The vaccine works by boosting the body’s immune system to generate an attack on the cancer cells. What is unique about Sipuleucel-T is that it is customized for each patient. A sample of the patient’s blood is taken and the antigen-presenting cells (APC’s) are isolated. These cells are sent to the manufacturer where they are cultured with a proprietary protein and sent back as a supercharged immune system boosting vaccine that is then injected into the patient. This process is done three times over the four-to-six week course of treatment.
The FDA was resistant in the past to approve the drug because while it does improve survival, it does not completely stop the cancer from growing. The vaccine only boosts the immune system in a way that makes it much more difficult for the tumor to grow. This slows down the tumor’s progression, but does not stop it completely.

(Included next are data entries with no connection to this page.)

-- ===== src/Prelude.antt =====
-- The names that the other modules share: the libraries', passed on, and those of the children.
mod Tests
mod Lists
mod Maps
pub use Tests.*
pub use Lists.{length, take, drop, length-take, length-drop, count-le-length, length-select}
pub use Lists.{count-middle, length-append, All, All-append, All-select}
unfoldable pub use Lists.{select, count, first, contains}
pub use Maps.{Dict}
pub use Maps.{has}
unfoldable pub use Maps.{get, remove, put, keys, values, size, map_values, keep, count_entries}
pub use Maps.{get-remove, get-put, get-map_values, size-put, size-remove, keys-map_values}
pub use Maps.{HasNoDup, IsFresh, remove-IsFresh, remove-HasNoDup, put-HasNoDup}
pub use Maps.{map_values-HasNoDup, keep-HasNoDup, get-keep, size-keep, remove-absent}
pub use Maps.{count_entries-remove-le, count_entries-remove-lt, count_entries-others}
pub use Maps.{count_entries-put, count_entries-map_values, size-count}
pub use Prim.Native.Nat.{ℕ, zero, suc, ◌+◌, ◌-◌, ◌*◌, ◌/◌, ◌%◌, ◌^◌, ◌≤◌, ◌<◌, min, max}
pub use Prim.Native.String.{String}
pub use text.Mathlib.Text.{◌==◌}
pub use text.Mathlib.TextEquality.{eq_iff}
pub use text.Mathlib.TextPositions.{eq_refl}
pub use mathlib.Core.Path.{◌≡◌, refl, sym, ap, subst, ◌∙◌}
pub use mathlib.Core.Logic.{◌≢◌, ◌↔◌, ◌⊎◌, inl, inr}
pub use mathlib.Core.Bool.{Bool, true, false, not, ◌&&◌, ◌||◌}
pub use mathlib.Core.Option.{Option, none, some}
pub use mathlib.Core.List.{List, [], ◌∷◌, ◌++◌, map}
pub use native.Mathlib.Omega.{arith}
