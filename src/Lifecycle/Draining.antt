-- ===== src/Lifecycle/Draining.antt =====
-- Admission and shutdown (backend/internal/server/lifecycle.go). Requests run at the same time;
-- what stands under activeMu is one step. A Runtime that is nil is left out.
pub mod Safety
use file_transit_desk.Prelude.{
  ℕ, zero, suc, ◌+◌, ◌-◌, String, ◌==◌, ◌≡◌, Bool, true, false, not, ◌&&◌, ◌||◌, List, [], ◌∷◌,
  ◌++◌, map, if◌then◌else◌,
}

pub record Runtime : Type 0 where
  pub initialized : Bool
  pub draining : Bool
  -- The context of the maintenance.
  pub cancelled : Bool
  pub active : ℕ

unfoldable pub new_runtime : Runtime
new_runtime = record { initialized = false; draining = false; cancelled = false; active = 0 }

unfoldable pub begin_drain : Runtime → Runtime
begin_drain r = record r { draining = true; cancelled = true }

unfoldable pub is_ready : Runtime → Bool
is_ready r = r.initialized && (not r.draining && not r.cancelled)

-- A request with its path, and where it stands: within c.Next() of an admission that counts it, or
-- of one that does not, or over, with or without an answer of its handler.
pub data Request : Type 0 where
  arriving : String → Request
  counted uncounted : Request
  refused answered : Request

abbrev pub is_health : String → Bool
is_health path =
    (path == "/api/health") || ((path == "/api/health/live") || (path == "/api/health/ready"))

unfoldable pub request_admission : String → Runtime → Runtime × Request
request_admission path r =
    if is_health path
    then (r, uncounted)
    else if r.draining
    then (r, refused)
    else (record r { active = suc r.active }, counted)

-- The clean-up of an admitted request.
unfoldable pub request_cleanup : Runtime → Runtime
request_cleanup r = record r { active = r.active - 1 }

pub data RequestMoves (r : Runtime) : Request → Runtime → Request → Type 0 where
  arrives :
      (path : String)
      → RequestMoves r (arriving path) (request_admission path r).0 (request_admission path r).1
  cleans_up : RequestMoves r counted (request_cleanup r) answered
  ends : RequestMoves r uncounted r answered

-- Where the one run of Shutdown's body stands: App.Shutdown comes after the wait, and the closing of
-- the database after that.
pub data Stage : Type 0 where
  not_called waiting stopping closed : Stage

-- The wait is over once the number of active requests is 0; the last clean-up wakes it.
pub data ShutdownMoves (r : Runtime) : Stage → Runtime → Stage → Type 0 where
  begins : ShutdownMoves r not_called (begin_drain r) waiting
  waits : r.active ≡ 0 → ShutdownMoves r waiting r stopping
  closes : ShutdownMoves r stopping (record r { cancelled = true }) closed

pub record System : Type 0 where
  pub runtime : Runtime
  pub stage : Stage
  pub requests : List Request

-- What can be reached from the start, with the requests that are to come in any number.
pub data Reachable : System → Type 0 where
  starts :
      (paths : List String)
      → Reachable
          (record { runtime = new_runtime; stage = not_called; requests = map arriving paths })
  initializes :
      {r : Runtime} {g : Stage} {qs : List Request}
      → Reachable (record { runtime = r; stage = g; requests = qs })
      → Reachable (record { runtime = record r { initialized = true }; stage = g; requests = qs })
  drains :
      {r : Runtime} {g : Stage} {qs : List Request}
      → Reachable (record { runtime = r; stage = g; requests = qs })
      → Reachable (record { runtime = begin_drain r; stage = g; requests = qs })
  moves :
      {r r' : Runtime} {q q' : Request} {g : Stage} (before after : List Request)
      → Reachable (record { runtime = r; stage = g; requests = before ++ (q ∷ after) })
      → RequestMoves r q r' q'
      → Reachable (record { runtime = r'; stage = g; requests = before ++ (q' ∷ after) })
  shuts_down :
      {r r' : Runtime} {g g' : Stage} {qs : List Request}
      → Reachable (record { runtime = r; stage = g; requests = qs })
      → ShutdownMoves r g r' g'
      → Reachable (record { runtime = r'; stage = g'; requests = qs })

Initially, availability of the vaccine will be an issue. Currently, there is only one manufacturing facility approved to make it, with two others pending approval by the FDA. Demand will certainly exceed supply until at least mid-2011. Since immunotherapy treatment for cancer is such a new field, another challenge is determining the point at which treatment should move on to something else like the chemotherapy drug docetaxel. This was not determined before trials began. Variations in the path of treatment after administration of sepuleucel-T can cloud the results.
An exciting next step is the beginning of trials on men with prostate cancer in the earlier stages, which may turn out to be the most beneficial time for this immunotherapy, according to researchers. In the earlier stages, immunotherapy can be used in combination with other treatments, possibly producing a cumulative positive effect.
Provenge will be delivered intraveneously, probably over a one-month period.